Monday, 4 July 2011

On texted vs texed

A correspondent writes to ask about the past tense of the verb to text. He uses texted but is aware that many people say text, as in She text me yesterday. 'Why is this>' he asks. 'Is it something to do with the consonant cluster at the end being difficult to pronounce?'
 
The historical situation is clear in the OED. When text became a verb in English, back in the 16th century, meaning 'write, inscribe', it had the expected regular past tense form, -ed. We find an early use in Much Ado About Nothing, when Claudio says 'Yea, and text underneath, here dwells Benedick the married man'. And we find a past tense in Thomas Dekker's play Whore of Babylon, 'Vows have I writ so deep... So texted them in characters capital...' That's 1607.

Unsurprisingly, then, when text became a verb again in the 1990s, in the modern sense, it followed the normal pattern, and texted is the form given in all the dictionaries. So the interesting question is, why has an alternative form developed. It's very unusual to find a new irregular past tense form in standard English. It does happen, as we see with the preference for shorter broadcast and forecast alongside broadcasted and forecasted, but that was influenced by the basic verb cast, past tense cast. We don't have the same situation with text.

Pronunciation is probably part of the answer. There's nothing intrinsically difficult about the consonant cluster at the end of text, as we don't have a problem with other words in English which have exactly the same consonant cluster in that position in a word, such as next, vexed, faxed, boxed, sexed. Indeed, there is evidence from the history of English that the 'xt' pronunciation is actually easier than some alternatives, as when we see asked change to axed in many regional dialects. But adding an -ed ending alters the pronunciation dynamic. We now have two /t/ sounds in a rapid sequence, as we had in broadcasted, and that could motivate people to drop the ending. Speakers generally prefer shorter forms.

This then means that we have a present tense and past tense which aren't different, but that's nothing unusual in English, as we see with bet, bid, burst put, and others.

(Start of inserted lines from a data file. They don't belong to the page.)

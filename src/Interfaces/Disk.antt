-- ===== src/Interfaces/Disk.antt =====
-- The file system in one state, the crate glob over it, and `read_toml_file` of
-- src/certificat_authority/mod.rs.
use ssh_certificate_authorit.Common.{
  Bool, List, none, some, Str, Bytes, Outcome, ok, err, not_utf8, ◌>>=◌,
}
use ssh_certificate_authorit.FilePath.{FilePath}
use ssh_certificate_authorit.Text.Utf8.{from_utf8}

pub record Files : Type 0 where
  -- `Path::exists`
  pub path_exists : FilePath → Bool
  -- `File::open` and `read_to_end`
  pub read_to_end : FilePath → Outcome Bytes
  -- `Path::canonicalize`
  pub canonicalize : FilePath → Outcome FilePath
  -- `glob::glob`: an error for a bad pattern, else the matches in order, each a path or an error
  pub glob : Str → Outcome (List (Outcome FilePath))

unfoldable pub read_to_string : Files → FilePath → Outcome Str
read_to_string fs path = do
  bytes ← fs.read_to_end path
  elim (from_utf8 bytes) [ none ↦ err not_utf8 | some text ↦ ok text ]

unfoldable pub read_toml_file {ℓ} : {T : Type ℓ} → Files → (Str → Outcome T) → FilePath → Outcome T
unfolding read_to_string
read_toml_file fs from_str path = do text ← read_to_string fs path; from_str text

Indeed, text as a past tense has something going for it: it actually sounds as if there is a past tense -ed form there already. Compare the sound of I fix, mix, fax, sex (meaning 'decide the sex of', as in The vet sexed the kittens), and so on, which in the past tense are fixed, mixed, faxed, sexed. Text sounds like them, and even though there is no verb tex, the pronunciation analogy could still operate. (Also, of course, in colloquial speech, text is often pronounced /teks/ anyway.) So maybe people are beginning to think of text as if it were texed.

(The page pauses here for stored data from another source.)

-- ===== src/Interfaces/SshKeys.antt =====
-- The crate ssh-key: public keys, certificates and the certificate builder.
use ssh_certificate_authorit.Common.{
  ℕ, ◌≡◌, Bool, Option, none, some, List, [], ◌∷◌, ◌++◌, Str, Bytes, Outcome, ok, if◌then◌else◌,
}
use ssh_certificate_authorit.Text.{str_eq}

pub data CertType : Type 0 where
  user host : CertType

pub record SshKey : Type 1 where
  pub PublicKey : Type 0
  pub KeyData : Type 0
  pub PrivateKey : Type 0
  pub Certificate : Type 0
  pub Builder : Type 0
  pub Nonce : Type 0
  pub from_openssh : Str → Outcome PublicKey
  pub to_openssh : PublicKey → Outcome Str
  pub key_data : PublicKey → KeyData
  -- `==` on key data
  pub same_data : KeyData → KeyData → Bool
  pub key_comment : PublicKey → Str
  pub private_from_openssh : Bytes → Outcome PrivateKey
  pub cert_to_openssh : Certificate → Outcome Str
  -- The builder's methods give the builder after the call, or the error.
  pub new_with_random_nonce : Nonce → PublicKey → ℕ → ℕ → Outcome Builder
  pub serial : Builder → ℕ → Outcome Builder
  pub key_id : Builder → Str → Outcome Builder
  pub cert_type : Builder → CertType → Outcome Builder
  pub comment : Builder → Str → Outcome Builder
  pub extension : Builder → Str → Str → Outcome Builder
  -- The builder after the call: its result is not looked at.
  pub valid_principal : Builder → Str → Builder
  pub sign : Builder → PrivateKey → Outcome Certificate

-- What one signing takes from the clock, read twice and `none` before the epoch, and from the
-- random generator.
pub record Draw (K : SshKey) : Type 0 where
  pub first_clock : Option ℕ
  pub second_clock : Option ℕ
  pub nonce : K.Nonce
  pub serial : ℕ

-- The fields of a certificate, or of one under way. Extensions are a map.
pub record CertFields (K : SshKey) : Type 0 where
  pub key : K.KeyData
  pub valid_after : ℕ
  pub valid_before : ℕ
  pub serial : ℕ
  pub key_id : Str
  pub cert_type : CertType
  pub principals : List Str
  pub comment : Str
  pub extensions : Str → Option Str

-- What ssh-key documents of the builder: each method sets its field and no other, and the signed
-- certificate has the fields of its builder. `builder_fields` and `cert_fields` read them.
pub record BuilderLaws (K : SshKey) : Type 0 where
  pub builder_fields : K.Builder → CertFields K
  pub cert_fields : K.Certificate → CertFields K
  pub new_fields :
      (n : K.Nonce) (pk : K.PublicKey) (a b : ℕ) {c : K.Builder}
      → K.new_with_random_nonce n pk a b ≡ ok c
      → builder_fields c ≡ record {
        key = K.key_data pk;
        valid_after = a;
        valid_before = b;
        serial = 0;
        key_id = [];
        cert_type = user;
        principals = [];
        comment = [];
        extensions = λ _. none;
      }
  pub serial_fields :
      (b : K.Builder) (n : ℕ) {c : K.Builder}
      → K.serial b n ≡ ok c
      → builder_fields c ≡ record (builder_fields b) { serial = n }
  pub key_id_fields :
      (b : K.Builder) (s : Str) {c : K.Builder}
      → K.key_id b s ≡ ok c
      → builder_fields c ≡ record (builder_fields b) { key_id = s }
  pub cert_type_fields :
      (b : K.Builder) (t : CertType) {c : K.Builder}
      → K.cert_type b t ≡ ok c
      → builder_fields c ≡ record (builder_fields b) { cert_type = t }
  pub comment_fields :
      (b : K.Builder) (s : Str) {c : K.Builder}
      → K.comment b s ≡ ok c
      → builder_fields c ≡ record (builder_fields b) { comment = s }
  pub extension_fields :
      (b : K.Builder) (name value : Str) {c : K.Builder}
      → K.extension b name value ≡ ok c
      → builder_fields c ≡ record (builder_fields b) {
        extensions = λ k. if str_eq name k then some value else (builder_fields b).extensions k;
      }
  pub valid_principal_fields :
      (b : K.Builder) (p : Str)
      → builder_fields (K.valid_principal b p)
        ≡ record (builder_fields b) { principals = (builder_fields b).principals ++ p ∷ [] }
  pub sign_fields :
      (b : K.Builder) (k : K.PrivateKey) {c : K.Certificate}
      → K.sign b k ≡ ok c
      → cert_fields c ≡ builder_fields b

Whatever the reasons, we do now find forms such as texed and tex'd being used with increasing frequency. I think it's only a matter of time before we find it being treated like broadcast in dictionaries, and given two forms.

14 comments:

  1. This is similar to the issue some have for possessives of nouns ending in "s". While I would use "congress's", some use "congress'".

    ReplyDelete
  2. In Nottingham, England, the present tense and plural lose the final consonant too. Almost all young people and many older ones use the present form and plural 'texes' - certainly easier to say than 'texts'. I don't know if this usage is more widespread than this local area.

    ReplyDelete
  3. Slightly off-topic, but I'd like to thank you for your contribution to the excellent 'Ar Lafar' series on S4C last night. With the future of the Welsh channel under threat, the series has served as a reminder that S4C can produce programmes which are just as good or better than its much richer English counterparts.

    On the subject of texting in Welsh, I have observed the same phenomenon in Switzerland where I lived for quite a few years. Although the Swiss German dialects are rarely used in writing, texting in Swiss German has become enormously popular.

    ReplyDelete
  4. Many thanks. Yes, it's been an excellent series.

    ReplyDelete
  5. There's something about this issue in this blogpost and its comments.

    ReplyDelete
  6. there's always the declention tex, tax, tux.
    forgive me, I couldn't resist.

    ReplyDelete
  7. Interesting stuff. Like Sarah says above, it seems to be appearing in other forms in some parts, and I've come across a singular "tex" and past tense "texed" while marking A level English papers this summer.

    Then again, if I took everything in exam papers as a valid form of English, I'd be writing seperate, authour, writter and recieved in everything what i writ.

    ReplyDelete
  8. I like it, myself. "Tex" would be different from "text", then - the action of sending short messages different from a coherent chunk of communication.

    Isn't eliminating ambiguity supposedly a good thing?

    ReplyDelete
  9. I've been thinking about this use of "texted" when one of my Co workers said tex-ted. But each time I use the former, I pronounce it "texed" I think tex-ted is ugly as far as sound is concerned. I prefer to use either texed or tex'd

    ReplyDelete
  10. Texed is just incorrect.

    Just lime the past tense of test is tested, the past tense of text is texted.

    ReplyDelete
  11. Texed is just incorrect.

    Just like the past tense of test is tested, the past tense of text is texted.

    ReplyDelete
  12. If only English were so simple!